Transcribed by TurboScribe.ai. Go Unlimited
Grace, mercy, and peace to you from God our Father, through our Lord and Savior Jesus Christ, amen. And let us pray. O Lord, send forth your word into our ears that it may bear fruit in our lives, in Jesus’ name, amen.
So how’s your Christmas shopping coming? I know it’s not even December yet. You probably still have Thanksgiving leftovers in your fridge, but I also bet there’s some of you out there who are already done shopping for the year. Then there’s others, like me, who usually don’t even start shopping for Christmas until a few days before Christmas Eve.
Christmas presents that annual challenge of finding the right gifts for all the people on your list. There’s gifts to be bought for grandmas and grandpas, aunts and uncles, moms and dads, husbands and wives, sons and daughters, nieces and nephews, the list goes on. Maybe you braved the crowds last Friday, maybe you stayed home, but either way you have to get the gifts eventually.
And if you are somehow already done with all your Christmas shopping, maybe keep that to yourself for a few weeks while the rest of us endure the chaos.

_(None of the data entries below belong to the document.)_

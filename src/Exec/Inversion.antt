-- ===== src/Exec/Inversion.antt =====
-- What an action that succeeded did before.
use google_photos_picker.Base.{◌≡◌, ◌≢◌, refl, sym}
use google_photos_picker.Errors.{Error}
use google_photos_picker.Exec.{Result, ok, err, Exec, map_error, continue, ◌>>=◌}

pub ok_inj : {A : Type 0} {a b : A} → ok a ≡ ok b → a ≡ b
ok_inj h = cc

pub ok≢err : {A : Type 0} {a : A} {e : Error} → ok a ≢ err e
ok≢err h = cc

module _ {S A B : Type 0} where
  continue_ok :
      (r : Result A) (f : A → Exec S B) (s : S) (b : B)
      → (continue r f s).0 ≡ ok b
      → (a : A) × (r ≡ ok a) × ((f a s).0 ≡ ok b)
  continue_ok (ok a) f s b h = (a, refl, h)
  continue_ok (err e) f s b h = absurd (ok≢err (sym h))

  pub bind_ok :
      (m : Exec S A) (f : A → Exec S B) (s : S) (b : B)
      → ((m >>= f) s).0 ≡ ok b
      → (a : A) × ((m s).0 ≡ ok a) × ((f a (m s).1).0 ≡ ok b)
  bind_ok m f s b h = continue_ok (m s).0 f (m s).1 b h

pub map_error_ok :
    {A : Type 0} (f : Error → Error) (r : Result A) (a : A) → map_error f r ≡ ok a → r ≡ ok a
map_error_ok f (ok x) a h = h
map_error_ok f (err e) a h = cc
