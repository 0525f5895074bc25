-- ===== src/Postgres/Migrations.antt =====
-- postgres/migrate.go, `Migrate`. Goose keeps the name of its table, the files and the dialect in variables
-- of its package, and they are `GooseState`; what Goose does is a parameter.
use google_photos_picker.Base.{String, ◌≡◌, refl, Option, none, some}
use google_photos_picker.Errors.{wrap}
use google_photos_picker.Exec.{Result, ok, err, Exec, map_error}
use google_photos_picker.Exec.Inversion.{map_error_ok}
use google_photos_picker.Postgres.Database.{Database}

pub record GooseState (F : Type 0) : Type 0 where
  pub table_name : String
  pub base_fs : Option F
  pub dialect : String

pub record Goose (F X : Type 0) : Type 0 where
  pub knows : String → Result (Unit {0})  -- the check that SetDialect makes
  pub up : GooseState F → Database X → String → Exec X (Unit {0})

abbrev pub goose_default : String
goose_default = "goose_db_version"

abbrev pub own_table : String
own_table = "photopicker_schema_migrations"

module _ {F X : Type 0} (goose : Goose F X) (migrations : F) where
  abbrev begun : GooseState F → GooseState F
  begun g = record g { table_name = own_table; base_fs = some migrations }

  -- The two deferred calls.
  abbrev restored : GooseState F → GooseState F
  restored g = record g { table_name = goose_default; base_fs = none }

  abbrev migrate_up : Database X → Result (Unit {0}) → Exec (GooseState F × X) (Unit {0})
  migrate_up db (err e) (g, x) = (err (wrap "photopicker/postgres: set dialect" e), (restored g, x))
  migrate_up db (ok _) (g, x) =
      let g' = record g { dialect = "postgres" } in
      let (r, x') = goose.up g' db "migrations" x in
      (map_error (wrap "photopicker/postgres: migrate") r, (restored g', x'))

  -- `Migrate`
  unfoldable pub migrate : Database X → Exec (GooseState F × X) (Unit {0})
  migrate db (g, x) = migrate_up db (goose.knows "postgres") (begun g, x)

  -- How a migration has ended.
  pub record HasMigrated (db : Database X) (g : GooseState F) (x : X) (r : Result (Unit {0}))
      (g' : GooseState F) : Type 0 where
    pub table_back : g'.table_name ≡ goose_default
    pub files_gone : g'.base_fs ≡ none
    pub ran :
        r ≡ ok tt
        → (goose.up
            (record { table_name = own_table; base_fs = some migrations; dialect = "postgres" })
            db
            "migrations"
            x).0
          ≡ ok tt

  -- However a migration ends, Goose is left with its own table and without files; and one that succeeds has run
  -- the library's files under the library's table.
  pub migrate-HasMigrated :
      (db : Database X) (g : GooseState F) (x : X)
      → HasMigrated db g x (migrate db (g, x)).0 (migrate db (g, x)).1.0
  unfolding migrate
  migrate-HasMigrated db g x = go (goose.knows "postgres")
    where
      go :
          (k : Result (Unit {0}))
          → HasMigrated db g x (migrate_up db k (begun g, x)).0 (migrate_up db k (begun g, x)).1.0
      go (err e) = record { table_back = refl; files_gone = refl; ran = λ h. cc }
      go (ok _) = record { table_back = refl; files_gone = refl; ran = λ h. map_error_ok _ _ tt h }
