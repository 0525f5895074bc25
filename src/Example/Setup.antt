-- ===== src/Example/Setup.antt =====
-- How examples/minimal/main.go starts: `log.Fatalf` is the error that ends the start.
pub mod Wiring
pub mod Serving
use Prim.Native.String.{◌++◌ as join}
use google_photos_picker.Base.{
  ℕ, String, Bool, true, false, Option, none, some, List, ◌==◌, if◌then◌else◌, pos,
}
use google_photos_picker.Errors.{Error, other, wrap}
use google_photos_picker.Exec.{
  Result, ok, err, Exec, pure, lift, map_error, wrapping, continue, ◌>>=◌, ◌>>◌,
}
use google_photos_picker.System.{System}
use google_photos_picker.OAuth.{Endpoint, new_oauth_config}
use google_photos_picker.Cryptobox.{Aead}
use google_photos_picker.Http.{HttpClient}
use google_photos_picker.Stores.{TokenStore}
use google_photos_picker.StateStore.{StateStore}
use google_photos_picker.Postgres.Database.{Database}
use google_photos_picker.Postgres.Migrations.{Goose, GooseState, migrate}
use google_photos_picker.Postgres.Tokens.{TokenTable, new_token_store}
use google_photos_picker.Postgres.Imports.{ImportTable, pg_import_store}
use google_photos_picker.Client.{Client, Config, new_client}
use google_photos_picker.Handlers.{Handlers, HandlersConfig, new_handlers}
use google_photos_picker.Worker.{Worker, new_worker}
use google_photos_picker.Example.Disk.{Files, local_sink}

-- What the start asks of the operating system and of the database.
pub record Machine (F X : Type 0) : Type 0 where
  pub getenv : String → String
  pub open_database : String → Exec X (Database X)  -- sql.Open
  pub ping : Database X → Exec X (Unit {0})
  pub goose : Goose F X
  pub goose_state : GooseState F  -- as the process begins
  pub migrations : F  -- the embedded files
  pub files : Files X

pub record Settings : Type 0 where
  pub client_id : String
  pub client_secret : String
  pub redirect_url : String
  pub enc_key : String
  pub dsn : String

pub record Server (X : Type 0) : Type 0 where
  pub database : Database X
  pub states : StateStore
  pub handlers : Handlers TokenTable ImportTable X
  pub worker : Worker TokenTable ImportTable X
  pub addr : String

abbrev pub not_set : String → Error
not_set key = other (join "required environment variable " (join key " is not set"))

module _ {F X : Type 0} (sys : System X) (aes_gcm : List ℕ → Result Aead) (google : Endpoint)
    (default_client : HttpClient X) (machine : Machine F X) where
  -- `requireEnv`
  unfoldable pub require_env : String → Result String
  require_env key = let v = machine.getenv key in if v == "" then err (not_set key) else ok v

  -- The variables that are required, in the order in which they are read.
  unfoldable pub settings : Exec X Settings
  settings = do
    client_id ← lift (require_env "GOOGLE_CLIENT_ID")
    client_secret ← lift (require_env "GOOGLE_CLIENT_SECRET")
    redirect_url ← lift (require_env "GOOGLE_REDIRECT_URL")
    enc_key ← lift (require_env "GOOGLE_ENCRYPTION_KEY")
    dsn ← lift (require_env "POSTGRES_DSN")
    pure (record {
      client_id = client_id;
      client_secret = client_secret;
      redirect_url = redirect_url;
      enc_key = enc_key;
      dsn = dsn;
    })

  abbrev pub listen_addr : String
  listen_addr = let addr = machine.getenv "LISTEN_ADDR" in if addr == "" then ":8080" else addr

  -- `ppg.Migrate`, with Goose as it is at the start of the process.
  abbrev pub migrated : Database X → Exec X (Unit {0})
  migrated db x =
      let (r, (_, x')) = migrate machine.goose machine.migrations db (machine.goose_state, x) in
      (r, x')

  -- `photopicker.New(photopicker.Config{…})`
  abbrev pub config :
      Settings → TokenStore TokenTable X → Database X → Config TokenTable ImportTable X
  config s token_store db = record {
    oauth = some (new_oauth_config google s.client_id s.client_secret s.redirect_url);
    token_store = some token_store;
    import_store = some (pg_import_store db);
    sink = some (local_sink machine.files "./photos");
    download_cap = pos 0;
    max_decoded_bytes = pos 0;
    http_client = none;
    clock = none;
  }

  -- `photopicker.NewHandlers(photopicker.HandlersConfig{…})`
  abbrev pub handlers_config :
      Client TokenTable ImportTable X → HandlersConfig TokenTable ImportTable X
  handlers_config client = record {
    client = some client;
    resolves = true;
    callback = record { post_message_type = ""; target_origin = "*"; html_template = none };
    max_metadata_bytes = pos 0;
    max_metadata_keys = pos 0;
  }

  -- The client, the handlers and the worker, over the stores.
  unfoldable pub build : Settings → Database X → TokenStore TokenTable X → Result (Server X)
  unfolding new_oauth_config new_client new_handlers new_worker
  build s db token_store =
      elim (map_error (wrap "photopicker client")
        (new_client default_client sys.now (config s token_store db))) [
          | err e ↦ err e
          | ok (client, states) ↦
              elim (map_error (wrap "handlers") (new_handlers (handlers_config client))) [
                | err e ↦ err e
                | ok handlers ↦
                    elim (map_error (wrap "worker") (
                      new_worker (record {
                        client = some client;
                        poll_interval = pos 0;
                        job_timeout = pos 0;
                      }))) [
                        | err e ↦ err e
                        | ok worker ↦ ok (record {
                          database = db;
                          states = states;
                          handlers = handlers;
                          worker = worker;
                          addr = listen_addr;
                        })
                      ]
              ]
        ]

  -- `main` from the stores to the worker.
  unfoldable pub assemble : Settings → Database X → Exec X (Server X)
  assemble s db = do
    token_store ← lift (map_error (wrap "token store") (new_token_store sys db aes_gcm s.enc_key))
    wrapping (wrap "create photos dir") (machine.files.mkdir_all "./photos")
    lift (build s db token_store)

  -- The database, opened, answering and migrated.
  unfoldable pub open_migrated : Settings → Exec X (Database X)
  open_migrated s = do
    db ← wrapping (wrap "open db") (machine.open_database s.dsn)
    wrapping (wrap "ping db") (machine.ping db)
    wrapping (wrap "migrate") (migrated db)
    pure db

  -- `main`, up to the routes.
  unfoldable pub start : Exec X (Server X)
  start = do s ← settings; db ← open_migrated s; assemble s db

But I mention gifts because I think they’re significant and an often unseen element of today’s gospel reading. Even though the Christmas festivities are well underway in the world outside, in our Lord’s Church we first take time to pause for Advent to prepare our hearts and our minds to properly celebrate the arrival of Jesus, which is exactly why the account of Palm Sunday was read this morning.
I remember for many years wondering why Palm Sunday was the assigned reading for the first Sunday of Advent. I thought we should be reading pre-Christmas stories like the angel visiting Zachariah or Mary or Joseph. Maybe you’ve wondered the same thing.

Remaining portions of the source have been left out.